As the rest of the world lifts COVID restrictions, China continues to block large sectors of society and conduct mass testing to eliminate the coronavirus. It has not approved any foreign COVID vaccines and is based on several injections developed domestically.

“We are open, we have the capacity,” Bancel told Reuters on the sidelines of a news conference in Tokyo on supplying its mRNA-based vaccines to China, declining to say that Moderna had submitted its vaccine for approval there.

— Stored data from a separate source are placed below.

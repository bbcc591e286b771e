-- ===== src/Stage1/Scanner.antt =====
-- What stage 1 looks for, one byte after another: the specification of src/stage1.rs.
use simdjson_rs.Prelude.{ℕ, Bool, true, false, not, ◌&&◌, ◌||◌, List, [], ◌∷◌, leb, ◌==◌}

abbrev pub xor : Bool → Bool → Bool
xor false b = b
xor true b = not b

-- `{`, `}`, `[`, `]`, `:` and `,`.
unfoldable pub is_structural : ℕ → Bool
is_structural c = c == b'{' || c == b'}' || c == b'[' || c == b']' || c == b':' || c == b','

unfoldable pub is_whitespace : ℕ → Bool
is_whitespace c = c == b' ' || c == 0x0a || c == 0x09 || c == 0x0d

-- What stands in front of a byte: an odd number of backslashes, an open quote, and something that a
-- scalar may begin behind.
pub record Context : Type 0 where
  pub escaped : Bool
  pub inside : Bool
  pub boundary : Bool

-- A quote that opens or closes a string.
abbrev pub is_quote : Context → ℕ → Bool
is_quote k c = c == b'"' && not k.escaped

-- The byte belongs to a string, its opening quote included.
abbrev pub in_string : Context → ℕ → Bool
in_string k c = xor k.inside (is_quote k c)

abbrev pub ends_scalar : Context → ℕ → Bool
ends_scalar k c = is_structural c && not (in_string k c) || is_quote k c

-- A token begins at the byte: a structural character, an opening quote, or the first byte of a
-- scalar.
abbrev pub begins_token : Context → ℕ → Bool
begins_token k c =
    (ends_scalar k c || k.boundary && not (is_whitespace c) && not (in_string k c))
    && not (is_quote k c && not (in_string k c))

-- A control character in a string.
abbrev pub is_forbidden : Context → ℕ → Bool
is_forbidden k c = in_string k c && leb c 0x1f

abbrev pub next : Context → ℕ → Context
next k c = record {
  escaped = c == 0x5c && not k.escaped;
  inside = in_string k c;
  boundary = ends_scalar k c || is_whitespace c;
}

abbrev pub context_behind : Context → List ℕ → Context
context_behind k [] = k
context_behind k (c ∷ s) = context_behind (next k c) s

abbrev pub tokens_at : Context → List ℕ → List Bool
tokens_at k [] = []
tokens_at k (c ∷ s) = begins_token k c ∷ tokens_at (next k c) s

abbrev pub has_forbidden : Context → List ℕ → Bool
has_forbidden k [] = false
has_forbidden k (c ∷ s) = is_forbidden k c || has_forbidden (next k c) s

abbrev pub outset : Context
outset = record { escaped = false; inside = false; boundary = true }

A Moderna spokesman said those discussions had taken a stand in the afterlife and that it could say whether those discussions were still ongoing.

There is about a 20 percent chance that a “problematic” variant of the virus will emerge this winter, Bancel said, adding that this is not his baseline scenario.

“We deserve to be humble about biology,” he said.

Bancel, speaking in Tokyo, Moderna plans to build services in Japan to produce mRNA-derived products.

Japan on Monday boosters of vaccines from Moderna and Pfizer Inc targeting the Omicron variant of the coronavirus.

Moderna sued Pfizer Inc and its spouse BioNTech SE last month for patent infringement in the progression of the first COVID vaccine in the United States.

Moderna believed from the beginning of the outbreak that BioNTech was using its generation and its patents, but waited until the pandemic subsided before filing a complaint, Bancel said.

(Reporting via Rocky Swift; editing via Tom Hogue, Jason Neely and Bernadette Baum)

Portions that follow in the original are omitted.